Note: John Sall, co-founder and Executive VP of SAS, discussed why statistics matters on the occasion of the International Year of Statistics in 2013. SAS was a participant in Statistics2013. Sall is the chief architect of JMP.
How is statistics essential to everyday life?
Most people don't realize how essential statistics is. Daily life is surrounded by the products of statistics.
You brush your teeth. The fluoride in the toothpaste was studied by scientists using statistical methods to carefully assure the safety and effectiveness of the ingredient and the proper concentration. The toothpaste was formulated through a series of designed experiments that determined the optimal formulation through statistical modeling. The toothpaste production was monitored by statistical process control to ensure quality and consistency, and to reduce variability.
The attributes of the product were studied in consumer trials using statistical methods. The pricing, packaging and marketing were determined through studies that used statistical methods to determine the best marketing decisions. Even the location of the toothpaste on the supermarket shelf was the result of statistically based studies. The advertising was monitored using statistical methods. Your purchase transaction became data that was analyzed statistically. The credit card used for the purchase was scrutinized by a statistical model to make sure that it wasn't fraudulent.
So statistics is important to the whole process of not just toothpaste, but every product we consume, every service we use, every activity we choose. Yet we don't need to be aware of it, since it is just an embedded part of the process. Statistics is useful everywhere you look.
Why now? What's new about statistics?
Statistics is an emergent discipline that has rapidly adapted to current challenges.
In today's era of big data -- where the computer and network are everywhere and everything can be measured -- you need statistics to make that data useful.
To learn how a process behaves, you need to conduct experiments. And now we have ways of designing those experiments so that you learn the most from a limited number of experimental runs.
To estimate the models, you need tools to refine and validate the models, and the state of the art has much improved for this in the last few years.
Also we have much better tools to use the models to optimize processes and make them robust with respect to variation.
Statistical software -- like JMP -- becomes the interface to harness statistical methods. Statistics is not easy, and using the computer can be a challenge. So we view our job as making the experience, the workflow, of analyzing data as easy, as comfortable and as powerful as possible.
Do we really trust statistics? Different statistics say different things.
Statistics must be used responsibly. You need good data, and enough of it. Controlled experimental data is best. Selection and confounding biases can easily corrupt the analysis if you don't pay attention to the process that created the data. When you go about doing statistics yourself, you need to learn the problems that can happen. You need to think through the analysis carefully.

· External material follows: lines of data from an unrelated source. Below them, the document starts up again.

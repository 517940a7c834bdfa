-- ===== src/Executions/Start.antt =====
-- `start_task`: it keeps the invariant, and a task whose parents are completed gets their outputs.
use automation_platform.Base.{
  ap, sym, ◌∙◌, ◌≡◌, ◌≢◌, refl, Bool, true, ◌&&◌, Option, none, some, List, [], ◌∷◌, arith, ◌==◌,
  if◌then◌else◌, contains, Option-cases, inl, inr, filter_by, Bool-cases, is_empty,
}
use automation_platform.Domain.{Uuid, Time, TaskOutput}
use automation_platform.Errors.{ok}
use automation_platform.Table.{
  In, In-filter_by, accept, of_option, update_where_none, find_of_In, find-update, patch,
  filter_by_key, update-UniqueKeys, UniqueKeys, key-find,
}
use automation_platform.Executions.{
  TaskRow, Store, task_key, task, is_pending, is_running, is_active, started, mark_started,
  start_task, load_parent_outputs, collect_outputs,
}
use automation_platform.Texts.{TextDict, get_text, set_text}
use automation_platform.Executions.Outputs.{HoldsOutputs, load_parent_outputs-HoldsOutputs}
use automation_platform.Executions.Effects.{on_row}
use automation_platform.Executions.Invariant.{
  Sound, Static, done, unmet, unmet_same, old_row, linked_kept,
}

pub patch-on_row :
    (p : TaskRow → Bool) (f : TaskRow → TaskRow) (o : Option TaskRow)
    → patch p f o ≡ on_row (λ r. if p r then f r else r) o
patch-on_row p f none = refl
patch-on_row p f (some r) = refl

-- All parents of the task, if it is there, are completed.
abbrev pub IsReady : Store → Uuid → Type 0
IsReady s i = (r : TaskRow) → task i s ≡ some r → unmet (done s) r.parent_task_ids ≡ 0

module _ (i : Uuid) (now : Time) (s : Store) where
  abbrev pub start_row : TaskRow → TaskRow
  start_row r = if r.id == i && is_pending r.status then started now r else r

  abbrev pub after : Store
  after = mark_started i now s

  pub start_rows : (j : Uuid) → task j after ≡ on_row start_row (task j s)
  start_rows j =
      find-update task_key (λ r. r.id == i && is_pending r.status) (started now) (λ _. refl) j
        s.tasks
      ∙ patch-on_row _ (started now) (task j s)

  pub start-Static : Static start_row
  start-Static = record {
    parents = λ r. ground arith;
    children = λ r. ground arith;
    owner = λ r. ground arith;
  }

  start-done : (p : Uuid) → done after p ≡ done s p
  start-done p = elim (Option-cases (task p s)) [
    | inl n ↦ ground (arith, start_rows p)
    | inr (r, h) ↦ ground (arith, start_rows p)
  ]

  -- Only the counter test of `claim`'s clients guards a start, so the invariant asks for it here.
  pub mark_started-Sound : IsReady s i → Sound s → Sound after
  mark_started-Sound ready v = record {
    unique =
        update-UniqueKeys task_key (λ r. r.id == i && is_pending r.status) (started now) (λ _. refl)
          s.tasks v.unique;
    unique_workflows = v.unique_workflows;
    linked = linked_kept s after start_row start_rows start-Static v;
    counted = λ j r' h p.
        let (r, h₀, e) = old_row s after start_row start_rows j r' h in
        ground (
          arith,
          e,
          v.counted j r h₀,
          unmet_same (done s) (done after) start-done r.parent_task_ids,
        );
    begun = λ j r' h p.
        let (r, h₀, e) = old_row s after start_row start_rows j r' h in
        ground (
          arith,
          e,
          v.begun j r h₀,
          ready r,
          key-find task_key j s.tasks r h₀,
          unmet_same (done s) (done after) start-done r.parent_task_ids,
        );
    stored = λ j r' h p.
        let (r, h₀, e) = old_row s after start_row start_rows j r' h in
        ground (arith, e, v.stored j r h₀);
    tries = λ j r' h p.
        let (r, h₀, e) = old_row s after start_row start_rows j r' h in
        ground (arith, e, v.tries j r h₀);
    settled = λ j w r' x h hw p.
        let (r, h₀, e) = old_row s after start_row start_rows j r' h in
        ground (arith, e, v.settled j w r x h₀ hw);
  }

unmet_zero :
    (d : Uuid → Bool) (p : Uuid) (ps : List Uuid)
    → unmet d ps ≡ 0
    → contains p ps ≡ true
    → d p ≡ true
unmet_zero d p [] h c = cc
unmet_zero d p (x ∷ ps) h c = elim (Bool-cases (p == x)) [
  | inl e ↦ ground arith
  | inr e ↦ ground (arith, unmet_zero d p ps)
]

collect_outputs_total :
    (rows : List TaskRow) (outputs : TextDict TaskOutput)
    → ((r : TaskRow) → In r rows → r.output ≢ none)
    → (all : TextDict TaskOutput) × (collect_outputs rows outputs ≡ ok all)
unfolding collect_outputs
collect_outputs_total [] outputs h = (outputs, refl)
collect_outputs_total (r ∷ rows) outputs h = elim (Option-cases r.output) [
  | inl n ↦ absurd (h r (inl refl) n)
  | inr (values, e) ↦
      let (all, done) =
        collect_outputs_total rows (set_text r.key (record { values = values }) outputs)
          (λ x i. h x (inr i)) in
      (all, ground (arith, done))
]

-- No parent of a ready task lacks its output.
pub load_parent_outputs_total :
    (s : Store) (ids : List Uuid)
    → Sound s
    → unmet (done s) ids ≡ 0
    → (all : TextDict TaskOutput) × (load_parent_outputs ids s.tasks ≡ ok all)
unfolding load_parent_outputs
load_parent_outputs_total s ids v z =
    let (all, e) = collect_outputs_total (filter_by (λ r. contains r.id ids) s.tasks) [] present in
    elim (Bool-cases (is_empty ids)) [ inl t ↦ ([], rw t) | inr t ↦ (all, rw t e) ]
  where
    present : (r : TaskRow) → In r (filter_by (λ r. contains r.id ids) s.tasks) → r.output ≢ none
    present r i =
        let (j, c) = In-filter_by (λ (r : TaskRow). contains r.id ids) r s.tasks i in
        let h = find_of_In task_key r s.tasks v.unique j in
        ground (arith, v.stored r.id r h, unmet_zero (done s) r.id ids z c)

selected :
    (i : Uuid) (now : Time) (s : Store)
    → UniqueKeys task_key s.tasks
    → filter_by (λ r. r.id == i && is_running r.status) (mark_started i now s).tasks
      ≡ of_option (accept (λ r. is_running r.status) (on_row (start_row i now s) (task i s)))
selected i now s u =
    filter_by_key task_key i (λ r. is_running r.status) (mark_started i now s).tasks
      (update-UniqueKeys task_key (λ r. r.id == i && is_pending r.status) (started now) (λ _. refl)
        s.tasks u)
    ∙ ap (λ o. of_option (accept (λ (r : TaskRow). is_running r.status) o)) (start_rows i now s i)

-- The start of a task leaves the keys and the outputs as they are.
start-HoldsOutputs :
    (i : Uuid) (now : Time) (s : Store) (ids : List Uuid) (outputs : TextDict TaskOutput)
    → HoldsOutputs (mark_started i now s) ids outputs
    → HoldsOutputs s ids outputs
start-HoldsOutputs i now s ids outputs h = record {
  from_parent = λ k o g.
      let (p, q', c, e, named, out) = h.from_parent k o g in
      let (q, e₀, eq) =
        old_row s (mark_started i now s) (start_row i now s) (start_rows i now s) p q' e in
      (p, q, c, e₀, ground (arith, eq, named), ground (arith, eq, out));
  of_each = λ p q c e.
      let key : (start_row i now s q).key ≡ q.key = ground arith in
      let (o, g) =
        h.of_each p (start_row i now s q) c
          (start_rows i now s p ∙ ap (on_row (start_row i now s)) e) in
      (o, ap (λ k. get_text k outputs) (sym key) ∙ g);
}

-- A pending or running task whose parents are all completed starts: the answer carries its plugin,
-- its configuration and the outputs of its parents by their keys, and no missing output is raised.
-- Under each key that the outputs have stands the stored output of a parent with this key, and they
-- have the key of each parent.
pub start_task_ready :
    (i : Uuid) (now : Time) (s : Store) (r : TaskRow)
    → Sound s
    → task i s ≡ some r
    → unmet (done s) r.parent_task_ids ≡ 0
    → is_active r.status ≡ true
    → (outputs : TextDict TaskOutput) × HoldsOutputs s r.parent_task_ids outputs
      × ((start_task i now s).0
          ≡ ok (
              some (record {
                plugin_type = r.plugin_type;
                configuration = r.configuration;
                parent_outputs = outputs;
              })))
unfolding start_task
start_task_ready i now s r v h z a =
    let ready : IsReady s i =
      λ x hx. let e : x ≡ r = cc in ap (λ (c : TaskRow). unmet (done s) c.parent_task_ids) e ∙ z in
    let v' = mark_started-Sound i now s ready v in
    let (outputs, e) = load_parent_outputs_total (mark_started i now s) r.parent_task_ids v' (
      unmet_same (done s) (done (mark_started i now s)) (start-done i now s) r.parent_task_ids
      ∙ z) in
    (
      outputs,
      start-HoldsOutputs i now s r.parent_task_ids outputs (
          load_parent_outputs-HoldsOutputs (mark_started i now s) r.parent_task_ids outputs
            v'.unique e),
      ground (arith, selected i now s v.unique, key-find task_key i s.tasks r h, e),
    )

-- A task that is terminal or missing is not processed, and nothing changes.
pub start_task_refused :
    (i : Uuid) (now : Time) (s : Store)
    → UniqueKeys task_key s.tasks
    → accept (λ r. is_active r.status) (task i s) ≡ none
    → start_task i now s ≡ (ok none, s)
unfolding start_task
start_task_refused i now s u h = ground (arith, selected i now s u, same, no_row (task i s) h)
  where
    no_row :
        (o : Option TaskRow)
        → accept (λ r. is_active r.status) o ≡ none
        → (accept (λ r. is_pending r.status) o ≡ none)
          × (accept (λ r. is_running r.status) (on_row (start_row i now s) o) ≡ none)
    no_row none h = (refl, refl)
    no_row (some r) h = (ground arith, ground arith)

    same : mark_started i now s ≡ s
    same =
        ap (λ (ts : List TaskRow). record s { tasks = ts })
          (update_where_none _ (started now) s.tasks (
            filter_by_key task_key i (λ r. is_pending r.status) s.tasks u
            ∙ ap of_option (no_row (task i s) h).0))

Some of us learn statistics as part of our education. Some of us learn on the job. Some of us still have a lot to learn.
The International Year of Statistics 2013 is the occasion to remind us of the value of:
- Statistical methods.
- Learning how to use them responsibly.
- Statistical software as the tools of analysis.
- Using statistical professionals to help us out when needed.
What is the purpose of the International Year of Statistics?
The purpose of the International Year of Statistics is to focus awareness of the importance of statistical methods in our world. Statistics has played an increasingly important role in science, in industry, in health and in business.
For the past few decades, people have increasingly learned to collect and use data, perform designed experiments, to use evidence instead of intuition to make decisions.
With the computer and network revolutions, data is now easy to collect and store. And with modern software, it is comparatively easy to analyze, even when you have a lot of data.